Tuesday, January 04, 2005

Happy New Year

I've been sick as a dog for three days, I can't find any ginger, I'm out of clean socks, and the mouse is going spastic on me. I don't know which is worse - obviously three days of delusional vomiting is the likely candidate, but the fever is going down and the whole thing doesn't seem so bad in retrospect. The sock thing has happened before and, believe you me, will happen again. The ginger thing is nagging at me - rice soup with garlic and ginger, that always gets me on my feet again. Some chicken or other kind of dead animal helps, but the garlic and the ginger are what do it for me and I can't find any ginger anywhere. A mouse with cerebral palsy is the kind of thing I would have shrugged off just a few short years ago, but now nags at me incessantly.
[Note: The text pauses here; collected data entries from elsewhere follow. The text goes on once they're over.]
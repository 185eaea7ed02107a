-- ===== src/Scanner/Main.antt =====
-- pywayland/scanner/__main__.py: where the protocols are looked for, and what is done with them.
pub mod Imports
pub mod Paths
use Prim.Native.Char.{code}
use pywayland_i6ie.Base.{
  ℕ, String, ◌<>◌, Bool, true, false, Option, none, some, List, [], ◌∷◌, ◌++◌, Error, Result, ok,
  err, io_error, called_process_error, ◌>>=◌, map_result, if◌then◌else◌, ◌==◌, ◌||◌, ◌&&◌,
  String-Eq, ℕ-Eq, ltb, leb,
}
use pywayland_i6ie.Base.Text.{codes, is_empty}
use pywayland_i6ie.Scanner.Library.{Library}
use pywayland_i6ie.Scanner.Xml.{Xml}
use pywayland_i6ie.Scanner.Protocol.{
  Protocol, parse_file, Run, then_run, make_dir, path_join, output_protocols, protocol_imports,
}

-- The `strip()` of a text: Python's white space, by its code points.
is_space : ℕ → Bool
is_space c =
    (leb 9 c && leb c 13)
    || (leb 28 c && leb c 32)
    || c == 133
    || c == 160
    || c == 5760
    || (leb 8192 c && leb c 8202)
    || c == 8232
    || c == 8233
    || c == 8239
    || c == 8287
    || c == 12288

strip_left : String → String
unfolding is_space
strip_left String.[] = ""
strip_left (String.◌∷◌ c s) = if is_space (code c) then strip_left s else String.◌∷◌ c s

strip_right : String → String
unfolding is_space
strip_right String.[] = ""
strip_right (String.◌∷◌ c s) =
    let rest = strip_right s in if is_empty rest && is_space (code c) then "" else String.◌∷◌ c rest

-- The text from the last dot on, and what stands before it.
abbrev pub split_dot : List ℕ → Option (List ℕ × List ℕ)
split_dot [] = none
split_dot (c ∷ cs) = elim (split_dot cs) [
  | some (before, ext) ↦ some (c ∷ before, ext)
  | none ↦ if c == b'.' then some ([], c ∷ cs) else none
]

abbrev only_dots : List ℕ → Bool
only_dots [] = true
only_dots (c ∷ cs) = c == b'.' && only_dots cs

-- The extension of `os.path.splitext`, for the name of a file, which has no slash: dots that lead a
-- name belong to it.
unfoldable pub extension : List ℕ → List ℕ
extension name = elim (split_dot name) [
  | none ↦ []
  | some (before, ext) ↦ if only_dots before then [] else ext
]

-- Python's order of texts, by their code points: whether one is not behind the other.
abbrev pub codes_leb : List ℕ → List ℕ → Bool
codes_leb [] ys = true
codes_leb (x ∷ xs) [] = false
codes_leb (x ∷ xs) (y ∷ ys) =
    let rest = codes_leb xs ys in if ltb x y then true else if ltb y x then false else rest

abbrev pub path_leb : String → String → Bool
path_leb s t = codes_leb (codes s) (codes t)

-- `sorted(paths, reverse=True)`
insert_path : String → List String → List String
insert_path x [] = x ∷ []
insert_path x (y ∷ paths) =
    let rest = insert_path x paths in if path_leb y x then x ∷ y ∷ paths else y ∷ rest

unfoldable pub sort_reversed : List String → List String
unfolding insert_path
sort_reversed [] = []
sort_reversed (x ∷ paths) = insert_path x (sort_reversed paths)

abbrev same_codes : List ℕ → List ℕ → Bool
same_codes [] [] = true
same_codes [] (y ∷ ys) = false
same_codes (x ∷ xs) [] = false
same_codes (x ∷ xs) (y ∷ ys) = x == y && same_codes xs ys

unfoldable pub is_xml : String → Bool
unfolding extension
is_xml filename = same_codes (extension (codes filename)) (codes ".xml")

-- The paths of the xml files of a directory, and of all that `os.walk` lists.
unfoldable pub xml_files : String → List String → List String
unfolding is_xml
xml_files dir [] = []
xml_files dir (filename ∷ filenames) =
    let rest = xml_files dir filenames in
    if is_xml filename then path_join dir filename ∷ rest else rest

unfoldable pub walked_files : List (String × List String) → List String
unfolding xml_files
walked_files [] = []
walked_files ((dir, filenames) ∷ walked) = xml_files dir filenames ++ walked_files walked

-- What `argparse` gives.
pub record Arguments : Type 0 where
  pub output_dir : String
  pub with_protocols : Bool
  pub input : List String

-- The system: the environment, `shlex.split`, the decoded output of a command, what `os.walk` lists
-- of a directory with the names of the files, the XML of a file, and which paths are there.
pub record ScannerSystem : Type 0 where
  pub getenv : String → Option String
  pub shlex_split : String → Result (List String)
  pub check_output : List String → Result String
  pub walk : String → List (String × List String)
  pub load : String → Option (Result Xml)
  pub exists : String → Bool

abbrev env_or : Option String → String → String
env_or none default = default
env_or (some value) default = value

-- Where a command failed, another result or another exception takes its place.
abbrev pub on_failure {ℓ} : {A : Type ℓ} → Result A → Result A → Result A
on_failure other (ok a) = ok a
on_failure other (err called_process_error) = other
on_failure other (err e) = err e

module _ (S : ScannerSystem) where
  open S use {getenv, shlex_split, check_output, walk, load, exists}

  unfoldable pub pkgconfig : String → String → Result String
  unfolding strip_left strip_right
  pkgconfig pc_package variable = do
    args ← shlex_split (
        env_or (getenv "PKG_CONFIG") "pkg-config"
        <> " --variable="
        <> variable
        <> " "
        <> pc_package)
    output ← check_output args
    ok (strip_right (strip_left output))

  unfoldable pub get_wayland_protocols : Result (List String)
  unfolding pkgconfig walked_files sort_reversed
  get_wayland_protocols = do
    protocols_dir ← on_failure (err io_error) (pkgconfig "wayland-protocols" "pkgdatadir")
    ok (sort_reversed (walked_files (walk protocols_dir)))

  -- Where `wayland.xml` is.
  unfoldable pub wayland_xml : Result String
  unfolding pkgconfig path_join
  wayland_xml =
      on_failure (ok "/usr/share/wayland/wayland.xml")
        do xml_dir ← pkgconfig "wayland-scanner" "pkgdatadir"; ok (path_join xml_dir "wayland.xml")

  -- `args.input`, and the files of wayland-protocols if they are asked for.
  unfoldable pub input_files : Arguments → Result (List String)
  unfolding get_wayland_protocols
  input_files args =
      if args.with_protocols
      then get_wayland_protocols >>= (λ protocols_files. ok (args.input ++ protocols_files))
      else ok args.input

  module _ (L : Library) where
    unfoldable pub output_all : Arguments → Result (List Protocol) → Run
    unfolding output_protocols protocol_imports
    output_all args (err e) = record { effects = []; outcome = err e }
    output_all args (ok protocols) =
        output_protocols L (λ path. path == args.output_dir || exists path) protocols
          args.output_dir (protocol_imports protocols)

    unfoldable pub parse_files : Arguments → Result (List Protocol)
    unfolding input_files parse_file
    parse_files args = do files ← input_files args; map_result (parse_file L load) files

    -- `main`, once the arguments are parsed; `mkdir` makes the directory with those that it stands
    -- in.
    unfoldable pub generate : Arguments → Run
    unfolding make_dir then_run output_all parse_files
    generate args = then_run (make_dir exists args.output_dir) (output_all args (parse_files args))

    parsed_arguments : Result Arguments → Run
    unfolding generate
    parsed_arguments (err e) = record { effects = []; outcome = err e }
    parsed_arguments (ok args) = generate args

    -- `main`, for the directory that the module is in; `parse_args` is what `argparse` gives for
    -- the command line, by the defaults for the directory and for the input.
    unfoldable pub main : (String → List String → Result Arguments) → String → Run
    unfolding parsed_arguments wayland_xml path_join
    main parse_args this_dir = parsed_arguments do
      xml_file ← wayland_xml
      parse_args (path_join (path_join this_dir "..") "protocol") (xml_file ∷ [])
Okay, the little fucker goes up and down on the screen, but doesn't go side to side. Ordinarily, I would attempt to find some greater meaning in all of this, but, right now, I say to myself that the fucker is broken and I can't get passed that. It nags at me, pressed down on me, like the veins in my forehead, shrivelling and contracting, tighter and tighter as I get more and more dehydrated and the light from the front porch bounces of my window when I wake up in a coughing fit at three in the morning in a hallucinatory daze and watch the light flickering through the condensation, through the moisture, into the moisture and leaves me wondering just how much moisture is left in my sorry little brain - haven't kept anything even water down in a day and a half but somehow that loses all significance as I stare at the little red lines on the clock radio 3:11 the little lines all come together to say and exactly what in my short circuited Sahara desert of a brain gives such numeric significance to an arrangement of little red lines that seem to last so absolutely perfectly together at 3:11 and then I seem to glance at it again at it says ... 3:12. I drift off to sleep and when I wake up the sun is coming through the bedroom window and baking my flesh under a hundred blankets and do I still have a fever or what? Anyway I get up and stagger around and try to read and can't and walk up to the pond and back and have a coughing fit and then consider myself to have had a big day because I made it all the way through "Bob the Builder" without throwing up.
You see, I had intended on doing an elaborate New Year's Day post, setting up a smashing coming year, both agriculturally and literarily, but I ended up throwing up instead. So I sat down now to try to put a positive spin on things, maybe gloss things over a bit, and this is about all I could come up with. Nevermind. I'm sick.